__PROBLEM DETAILS__:
Only one stretch of the records below is wanted: the lines from the one holding "-- and returns" through the one holding "Status × ℕ → Reader (Status × A)". Return it exactly, both ends included.

*** EXERCISE INPUTS ***

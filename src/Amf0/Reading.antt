-- ===== src/Amf0/Reading.antt =====
-- The `read` methods of amf0.cpp and `create_amf0data`. A method is given the fields of its object
-- and returns its status and the object as the call leaves it.
use drone_server.Amf0.{
  Amf0Data, Items, Pointer, Properties, boolean, ecma_array, marker_boolean, marker_ecma_array,
  marker_null, marker_number, marker_object, marker_object_end, marker_string, marker_undefined,
  no_properties, null, null_pointer, number, object, push_item, put, strict_array, string, to,
  undefined,
}
use drone_server.Buffer.{
  Reader, empty, pure, read_1byte, read_2bytes, read_4bytes, read_8bytes, read_string, require,
  ◌>>>=◌,
}
use drone_server.Prelude.{Bool, [], false, if◌then◌else◌, not, suc, zero, ℕ, ◌-◌, ◌==◌}
use drone_server.Prelude.Bytes.{Bytes}
use drone_server.Prelude.Int.{int16, int32, pos, pos_part}
use drone_server.Prelude.Outcome.{ok, out_of_fuel, ◌>>=◌}

-- ERROR_SUCCESS and ERROR_AMF0_DECODE.
pub data Status : Type 0 where
  success decode_error : Status

-- How every `read` begins: a byte must be there, it becomes the object's marker, and it must be the
-- marker of the class. `old` is the marker before the call.
unfoldable pub expect_marker : ℕ → ℕ → Reader (Status × ℕ)
expect_marker wanted old = require (pos 1) >>>= λ enough.
    if enough
    then (read_1byte >>>= λ m. pure (if m == wanted then success else decode_error, m))
    else pure (decode_error, old)

-- The rest of a `read`: it goes on if the marker was right, and stops with the marker set if not.
abbrev pub after_marker {ℓ} :
    {A : Type ℓ} → (ℕ → A) → (ℕ → Reader (Status × A)) → Status × ℕ → Reader (Status × A)
after_marker stop go (success, m) = go m
after_marker stop go (decode_error, m) = pure (decode_error, stop m)

abbrev pub on_marker {ℓ} :
    {A : Type ℓ} → Reader (Status × ℕ) → (ℕ → A) → (ℕ → Reader (Status × A)) → Reader (Status × A)
on_marker marked stop go = marked >>>= after_marker stop go

unfoldable pub read_number : ℕ → ℕ → Reader (Status × Amf0Data)
read_number marker value =
    on_marker (expect_marker marker_number marker) (λ m. number m value)
      λ m. require (pos 8) >>>= λ enough.
        if enough
        then (read_8bytes >>>= λ temp. pure (success, number m temp))
        else pure (decode_error, number m value)

unfoldable pub read_boolean : ℕ → Bool → Reader (Status × Amf0Data)
read_boolean marker value =
    on_marker (expect_marker marker_boolean marker) (λ m. boolean m value)
      λ m. require (pos 1) >>>= λ enough.
        if enough
        then (read_1byte >>>= λ x. pure (success, boolean m (not (x == 0))))
        else pure (decode_error, boolean m value)

unfoldable pub read_amf0_string : ℕ → Bytes → Reader (Status × Amf0Data)
read_amf0_string marker value =
    on_marker (expect_marker marker_string marker) (λ m. string m value)
      λ m. require (pos 2) >>>= λ enough.
        if enough
        then (read_2bytes >>>= λ len. require (int16 len) >>>= λ there.
            if there
            then (read_string (int16 len) >>>= λ s. pure (success, string m s))
            else pure (decode_error, string m value))
        else pure (decode_error, string m value)

unfoldable pub read_null : ℕ → Reader (Status × Amf0Data)
read_null marker = on_marker (expect_marker marker_null marker) null λ m. pure (success, null m)

unfoldable pub read_undefined : ℕ → Reader (Status × Amf0Data)
read_undefined marker =
    on_marker (expect_marker marker_undefined marker) undefined λ m. pure (success, undefined m)

-- The loop over properties, given to the methods that contain it.
abbrev pub Loop : Type 0
Loop = Properties → Reader (Status × Properties)

unfoldable pub read_object : Loop → ℕ → Properties → Reader (Status × Amf0Data)
read_object loop marker ps =
    on_marker (expect_marker marker_object marker) (λ m. object m ps)
      λ m. loop ps >>>= λ r. pure (r.0, object m r.1)

-- The count is read and not used.
unfoldable pub read_ecma_array : Loop → ℕ → Properties → Reader (Status × Amf0Data)
read_ecma_array loop marker ps =
    on_marker (expect_marker marker_ecma_array marker) (λ m. ecma_array m ps)
      λ m. require (pos 4) >>>= λ enough.
        if enough
        then (read_4bytes >>>= λ count. loop ps >>>= λ r. pure (r.0, ecma_array m r.1))
        else pure (decode_error, ecma_array m ps)

abbrev pub pointer_of : Status × Amf0Data → Reader Pointer
pointer_of (success, d) = pure (to d)
pointer_of (decode_error, d) = pure null_pointer

-- `if (value->read(sb) != ERROR_SUCCESS) { freep(value); return nullptr; } return value;`
unfoldable pub or_null : Reader (Status × Amf0Data) → Reader Pointer
or_null r = r >>>= pointer_of

-- The `switch` of `create_amf0data`. A field that a constructor leaves unset is 0 here: the object is
-- dropped unless `read` sets it.
unfoldable pub read_by_marker : Loop → ℕ → Reader Pointer
read_by_marker loop m =
    if m == marker_number
    then or_null (read_number marker_number 0)
    else if m == marker_boolean
    then or_null (read_boolean marker_boolean false)
    else if m == marker_string
    then or_null (read_amf0_string marker_string [])
    else if m == marker_object
    then or_null (read_object loop marker_object no_properties)
    else if m == marker_null
    then or_null (read_null marker_null)
    else if m == marker_undefined
    then or_null (read_undefined marker_undefined)
    else if m == marker_ecma_array
    then or_null (read_ecma_array loop marker_ecma_array no_properties)
    else pure null_pointer

-- `sb->read_1byte(); sb->skip(-1);`: a byte was read, so the cursor that `skip` moves back is 1 or more.
unfoldable pub peek_1byte : Reader ℕ
peek_1byte = read_1byte >>>= λ m b. ok (m, record b { pos = b.pos - 1 })

unfoldable pub create_with : Loop → Reader Pointer
create_with loop = require (pos 1) >>>= λ enough.
    if enough then (peek_1byte >>>= λ m. read_by_marker loop m) else pure null_pointer

-- The object end, once an empty name has been read.
unfoldable pub read_object_end : Properties → Reader (Status × Properties)
read_object_end ps = require (pos 1) >>>= λ enough.
    if enough
    then (read_1byte >>>= λ m. pure (if m == marker_object_end then success else decode_error, ps))
    else pure (decode_error, ps)

-- One round of `while (!sb->empty())`; `again` makes the next.
unfoldable pub read_property : Reader Pointer → Loop → Loop
read_property create again ps = require (pos 2) >>>= λ enough.
    if enough
    then (read_2bytes >>>= λ len. require (int16 len) >>>= λ there.
        if there
        then (if len == 0
            then read_object_end ps
            else (read_string (int16 len) >>>= λ name. create >>>= λ v. again (put name v ps)))
        else pure (decode_error, ps))
    else pure (decode_error, ps)

-- The loop on fuel. Each round and each level of nesting costs one unit, and reads a byte or more.
unfoldable pub read_properties : ℕ → Loop
read_properties zero ps b = out_of_fuel
read_properties (suc fuel) ps b =
    if empty b
    then ok ((success, ps), b)
    else read_property (create_with (read_properties fuel)) (read_properties fuel) ps b

unfoldable pub create_amf0data : ℕ → Reader Pointer
create_amf0data fuel = create_with (read_properties fuel)

-- The loop of `Amf0StrictArray::read`, on the rounds left.
unfoldable pub read_items : Reader Pointer → ℕ → Items → Reader Items
read_items create zero vs b = ok (vs, b)
read_items create (suc i) vs b =
    if empty b then ok (vs, b) else (create b >>= λ r. read_items create i (push_item vs r.0) r.1)

-- The marker that it tests for is the one of an ECMA array; a negative count makes no round.
unfoldable pub read_strict_array : Reader Pointer → ℕ → Items → Reader (Status × Amf0Data)
read_strict_array create marker vs =
    on_marker (expect_marker marker_ecma_array marker) (λ m. strict_array m vs)
      λ m. require (pos 4) >>>= λ enough.
        if enough
        then (read_4bytes >>>= λ count. read_items create (pos_part (int32 count)) vs >>>= λ vs'.
            pure (success, strict_array m vs'))
        else pure (decode_error, strict_array m vs)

***

__TASK ANSWER__:
-- and returns its status and the object as the call leaves it.
use drone_server.Amf0.{
  Amf0Data, Items, Pointer, Properties, boolean, ecma_array, marker_boolean, marker_ecma_array,
  marker_null, marker_number, marker_object, marker_object_end, marker_string, marker_undefined,
  no_properties, null, null_pointer, number, object, push_item, put, strict_array, string, to,
  undefined,
}
use drone_server.Buffer.{
  Reader, empty, pure, read_1byte, read_2bytes, read_4bytes, read_8bytes, read_string, require,
  ◌>>>=◌,
}
use drone_server.Prelude.{Bool, [], false, if◌then◌else◌, not, suc, zero, ℕ, ◌-◌, ◌==◌}
use drone_server.Prelude.Bytes.{Bytes}
use drone_server.Prelude.Int.{int16, int32, pos, pos_part}
use drone_server.Prelude.Outcome.{ok, out_of_fuel, ◌>>=◌}

-- ERROR_SUCCESS and ERROR_AMF0_DECODE.
pub data Status : Type 0 where
  success decode_error : Status

-- How every `read` begins: a byte must be there, it becomes the object's marker, and it must be the
-- marker of the class. `old` is the marker before the call.
unfoldable pub expect_marker : ℕ → ℕ → Reader (Status × ℕ)
expect_marker wanted old = require (pos 1) >>>= λ enough.
    if enough
    then (read_1byte >>>= λ m. pure (if m == wanted then success else decode_error, m))
    else pure (decode_error, old)

-- The rest of a `read`: it goes on if the marker was right, and stops with the marker set if not.
abbrev pub after_marker {ℓ} :
    {A : Type ℓ} → (ℕ → A) → (ℕ → Reader (Status × A)) → Status × ℕ → Reader (Status × A)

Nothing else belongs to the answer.